Crowbar Circuit Operation

• When the input voltage exceeds the limit, the Crowbar circuit creates a short circuit across the power lines and blows the fuse. When the fuse blows, the power supply is disconnected from the load, protecting it from high voltage. The circuit operates by establishing a direct short circuit across the power lines as if a crowbar were dropped between the circuit’s power lines. As a result, it is known as the crowbar circuit.
• The voltage over which the circuit should short is determined by the Zener voltage. The circuit consists of an SCR that is directly connected across the circuit’s input voltage and ground, but this SCR is kept turned off by grounding the SCR’s gate pin. When the input voltage exceeds the Zener voltage, the Zener diode begins to conduct, supplying a voltage to the SCR’s Gate pin, causing it to close the connection between the Input Voltage and Ground, resulting in a short circuit. This short circuit will draw the maximum amount of current from the power supply and blow the fuse, disconnecting the power supply from the load.
• The Zener Diode in this case is rated for 9.1V, but the input voltage has exceeded that value and is now at 9.75V. As a result, the Zener Diode opens and begins to conduct by applying a voltage to the SCR’s Gate pin. The SCR then begins to conduct by shorting the Input voltage and Ground, causing the fuse to blow due to maximum current draw.
• Fuse: In this circuit, the fuse is essential. The fuse rating should always be less than the SCR’s maximum current rating but greater than the current consumed by the load. We should also ensure that the power supply can supply enough current to blow the fuse if it fails.
• 0.1uF Capacitor: This is a filtering capacitor; it removes spikes and other noise like harmonics from the supply voltage to keep the circuit from triggering incorrectly.
• 9.1V Zener Diode: This diode determines the overvoltage value; because we used a 9.1V Zener diode, the circuit will respond to any voltage greater than 9.1V. The Designer can select the value of this resistor based on his requirements.
• 1K Resistor: This is simply a pull-down resistor that connects the SCR’s Gate pin to the ground, keeping it turned off until the Zener begins to conduct.
• 47nF Capacitor: Every power switch, such as an SCR, requires a snubber circuit to suppress voltage spikes during switching and prevent false triggering of the SCR. In this case, we simply used a capacitor to accomplish the task. The capacitor value should be just enough to filter the noise because a high capacitance value will increase the delay before the SCR begins to conduct after the Gate pulse is applied.
• Thyristor (SCR): The Thyristor is in charge of causing a short circuit between the power rails. Care should be taken to ensure that the SCR can handle such high current values without blowing the fuse or damaging itself. The SCR’s gate voltage should be less than the Zener breakdown voltage.
• Schottky Diode: This diode is optional and is only used for protection. It ensures that no reverse current flows from the load side, which could damage the protection circuit. Because it has less voltage drop across it, a Schottky diode is used instead of a regular diode.

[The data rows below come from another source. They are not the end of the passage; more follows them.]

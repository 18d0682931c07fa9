-- ===== src/Claims/Deploy.antt =====
-- The claim of a validated train, or of queued jobs where none is ready
-- (src/mergetrain/persistence/claims.py, claim_deploy_batch).
use mergetrain.Prelude.{
  ℕ, Bool, false, ◌&&◌, Option, none, some, List, [], ◌∷◌, String, ltb, if◌then◌else◌, keep_text,
  is_some, ◌==◌, nat_column, length,
}
use mergetrain.Model.{Job, Status, status_column, RunnerLock, queued, validated}
use mergetrain.Store.{
  Env, Error, M, ◌>>=◌, ◌>>◌, return, reads, require, raise, immediate, queue_error,
  deploy_plan_changed, has_status,
}
use mergetrain.Leases.{acquire_lock}
use mergetrain.Recovery.{deploy_reconcile_pending}
use mergetrain.Jobs.Reads.{list_jobs_fifo, ordered_head}
use mergetrain.Jobs.Supersede.{ids}
use mergetrain.Jobs.Trains.{Summary, select_validated_train}
use mergetrain.Claims.{Processing, batch, ordered, deploy, claim_ids, give_back}

-- `confirm_plan`: the error that the callback raises for a train, if it refuses it.
abbrev pub Confirm : Type 0
Confirm = Option (List Job → Option Error)

abbrev pub answered : Option Error → M (Unit {0})
answered none = return tt
answered (some e) = raise e

abbrev pub ask : (List Job → Option Error) → List Job → M (Unit {0})
ask confirm jobs = answered (confirm jobs)

-- With a plan to confirm, only a validated train may be claimed.
unfoldable pub confirmed : Confirm → Option Summary → List Job → M (Unit {0})
confirmed none selected jobs = return tt
confirmed (some confirm) selected jobs = do
  require (is_some selected && ltb 0 (length jobs)) deploy_plan_changed
  ask confirm jobs

-- A Ready train of one job, the earliest unfinished one
abbrev pub is_only : List Job → Option Job → Bool
is_only [] head = false
is_only (j ∷ more) none = false
is_only (j ∷ []) (some head) = j.id == head.id
is_only (j ∷ k ∷ more) (some head) = false

abbrev pub queued_head : Option Job → List Job
queued_head none = []
queued_head (some j) = if has_status queued j then j ∷ [] else []

-- What to claim: the train, or the queued jobs, under the order of processing.
unfoldable pub choose : Processing → Option Summary → List Job → M (List Job)
choose batch (some t) jobs = return jobs
choose batch none jobs = reads (list_jobs_fifo queued)
choose ordered (some t) jobs = do
  head ← reads ordered_head
  require (is_only jobs head) queue_error
  return jobs
choose ordered none jobs = reads (λ s. queued_head (ordered_head s))

abbrev pub source_status : Option Summary → Status
source_status none = queued
source_status (some t) = validated

unfoldable pub claim_chosen :
    Env → String → RunnerLock → String → Confirm → Processing → M (List Job)
claim_chosen env owner lock train_id confirm processing = do
  (selected, validated_jobs) ← select_validated_train train_id
  confirmed confirm selected validated_jobs
  jobs ← choose processing selected validated_jobs
  claim_ids env owner lock (ids jobs) (source_status selected) "claimed by mergetrain deploy runner"
      deploy

unfoldable pub deploy_in_transaction :
    Env → String → ℕ → String → Confirm → Processing → M (List Job)
deploy_in_transaction env owner ttl_minutes train_id confirm processing = do
  lock ← acquire_lock env owner ttl_minutes "" ""
  pending ← reads (deploy_reconcile_pending env)
  if ltb 0 pending
      then give_back owner lock
      else claim_chosen env owner lock train_id confirm processing

unfoldable pub claim_deploy_batch : Env → String → ℕ → String → Confirm → Processing → M (List Job)
claim_deploy_batch env owner ttl_minutes train_id confirm processing = immediate env (
    deploy_in_transaction env (keep_text owner env.default_owner) ttl_minutes train_id confirm
      processing)
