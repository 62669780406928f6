-- ===== src/Recorder/Calls.antt =====
-- A flush of data/writer.py writes the state store only through its methods.
use binance_algo.Base.{
  arith, sym, Bool-cases, ap, ◌∙◌, ◌≡◌, Result, ◌++◌, refl, inl, inr, String, Bool, true, false,
  Option, none, some, List, [], ◌∷◌, ok, err,
}
use binance_algo.Transaction.{try_except, raise, ◌>>◌, ◌>>=◌}
use binance_algo.Recorder.Flush.{
  registered, flush_body, to_be_failed, validate, download, in_store, mark_failed, flush_partition,
  fail_file, write_parquet, lifted, Clock, Partition, FlushError, FlushAction,
}
use binance_algo.StateStore.Files.{
  validate_stream_file_with_checkpoint, transition_data_file, register_data_file, get_data_file,
}
use binance_algo.StateStore.Ops.{
  validate_file, register_file, transition_file, call, StoreCall, run,
}
use binance_algo.Manifest.{downloaded, downloading, file_status_eq, DataFileStatus, DataFileRecord}
use binance_algo.Transaction.Moves.{bind-Moves, try_except-Moves}
use binance_algo.StateStore.Schema.{StoreError, StateDb}

module _ (sha256 : List String → String) where
  run-append :
      (cs ds : List StoreCall) (db : StateDb)
      → run sha256 (cs ++ ds) db ≡ run sha256 ds (run sha256 cs db)
  unfolding run
  run-append [] ds db = refl
  run-append (c ∷ cs) ds db = run-append cs ds (call sha256 c db)

  -- Some sequence of calls of the store leads from one database to the other.
  abbrev pub Reaches : StateDb → StateDb → Type 0
  Reaches db after = (calls : List StoreCall) × (run sha256 calls db ≡ after)

  pub Reaches-refl : (db : StateDb) → Reaches db db
  unfolding run
  Reaches-refl db = ([], refl)

  pub Reaches-trans : (a b c : StateDb) → Reaches a b → Reaches b c → Reaches a c
  Reaches-trans a b c (cs, to_b) (ds, to_c) =
      (cs ++ ds, run-append cs ds a ∙ ap (run sha256 ds) to_b ∙ to_c)

  -- An action that changes the database by calls only.
  abbrev pub IsCalls : {A : Type 0} → FlushAction A → Type 0
  IsCalls m = (db : StateDb) → Reaches db (m db).1

  bind-IsCalls :
      {A B : Type 0} (m : FlushAction A) (f : A → FlushAction B)
      → IsCalls m
      → ((a : A) → IsCalls (f a))
      → IsCalls (m >>= f)
  bind-IsCalls = bind-Moves Reaches Reaches-refl Reaches-trans

  same-IsCalls : {A : Type 0} (m : FlushAction A) → ((db : StateDb) → (m db).1 ≡ db) → IsCalls m
  same-IsCalls m same db = rw (same db) (Reaches-refl db)

  pub lifted-db : {A : Type 0} (p : Result StoreError A × StateDb) → (lifted p).1 ≡ p.1
  lifted-db (ok a, db) = refl
  lifted-db (err e, db) = refl

  module _ (message : FlushError → String) (p : Partition) (clock : Clock) where
    pub download-IsCalls : (r : DataFileRecord) → IsCalls (download p clock r)
    unfolding download run call
    download-IsCalls r db = elim (Bool-cases (file_status_eq r.status downloading)) [
      | inl pending ↦ rw (pending) (
        transition_file p.file_id downloaded (some p.checksum) (some p.height) none
              clock.downloaded_at
            ∷ [],
        sym (
            lifted-db (
              transition_data_file p.file_id downloaded (some p.checksum) (some p.height) none
                clock.downloaded_at db)),
      )
      | inr moved ↦ rw (moved) (Reaches-refl db)
    ]

    pub validate-IsCalls : (r : DataFileRecord) → IsCalls (validate p clock r)
    unfolding validate run call
    validate-IsCalls r db = elim (Bool-cases (file_status_eq r.status downloaded)) [
      | inl pending ↦ rw (pending) (
        validate_file p.file_id p.checksum p.height p.stream_key p.checkpoint_json
              clock.validated_at clock.checkpoint_at
            ∷ [],
        sym (
            lifted-db (
              validate_stream_file_with_checkpoint p.file_id p.checksum p.height p.stream_key
                p.checkpoint_json clock.validated_at clock.checkpoint_at db)),
      )
      | inr moved ↦ rw (moved) (Reaches-refl db)
    ]

    register-IsCalls : IsCalls (in_store (register_data_file (registered p)))
    unfolding run call
    register-IsCalls db =
        (register_file (registered p) ∷ [], sym (lifted-db (register_data_file (registered p) db)))

    mark_failed-IsCalls : (e : FlushError) (b : Bool) → IsCalls (mark_failed message p clock e b)
    unfolding run call
    mark_failed-IsCalls e false db = Reaches-refl db
    mark_failed-IsCalls e true db = (
      transition_file p.file_id DataFileStatus.failed none none (some (message e)) clock.failed_at
          ∷ [],
      ground arith,
    )

    fail_file-IsCalls : (e : FlushError) → IsCalls (fail_file message p clock e)
    unfolding fail_file get_data_file
    fail_file-IsCalls e =
        bind-IsCalls (in_store (get_data_file p.file_id))
          (λ current. mark_failed message p clock e (to_be_failed current) >> raise e)
          (same-IsCalls (in_store (get_data_file p.file_id)) (λ db. refl))
          (λ current.
            bind-IsCalls (mark_failed message p clock e (to_be_failed current)) (λ _. raise e)
              (mark_failed-IsCalls e (to_be_failed current)) (λ _ db. Reaches-refl db))

    write-IsCalls : (write_fails : Option String) → IsCalls (write_parquet write_fails)
    write-IsCalls none db = Reaches-refl db
    write-IsCalls (some m) db = Reaches-refl db

    body-IsCalls :
        (write_fails : Option String) (r : DataFileRecord)
        → IsCalls (flush_body p clock write_fails r)
    body-IsCalls write_fails r =
        bind-IsCalls (write_parquet write_fails)
          (λ _. download p clock r >>= λ r'. validate p clock r') (write-IsCalls write_fails)
          (λ _.
            bind-IsCalls (download p clock r) (λ r'. validate p clock r') (download-IsCalls r)
              validate-IsCalls)

    -- Whether or not it returns, and whatever fails in it, a flush changes the database as some
    -- sequence of calls of the store does, so that all that holds along such sequences holds of it.
    pub flush_partition-Reaches :
        (write_fails : Option String) (db : StateDb)
        → Reaches db (flush_partition message p clock write_fails db).1
    unfolding flush_partition
    flush_partition-Reaches write_fails =
        bind-IsCalls (in_store (register_data_file (registered p)))
          (λ r. try_except (flush_body p clock write_fails r) (fail_file message p clock))
          register-IsCalls
          (λ r.
            try_except-Moves Reaches Reaches-refl Reaches-trans (flush_body p clock write_fails r)
              (fail_file message p clock) (body-IsCalls write_fails r) fail_file-IsCalls)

Crowbar Circuit Limitations

Even though this power supply overvoltage protection circuit is widely used, it has some limitations.

• A simple Crowbar Circuit is extremely useful for overvoltage protection and is thus an essential component of bench power supplies. Even though this circuit is extremely useful, some limitations must be noted.
• The trigger voltage in a Thyristor-based design is set by the Zener Diode and is usually not adjustable. As a result, selecting the proper Zener Diode is critical. The circuit’s trigger voltage should be slightly higher than the power supply’s output voltage so that spikes and noise do not accidentally trigger it.
• When the power supply is used in RF Designs, such as an RF Transmitter, proper power line filtering before and after the transmitter is required.
• Overvoltage causes the circuit to trip and blow the fuse. As a result, fuses must be replaced whenever an overvoltage occurs.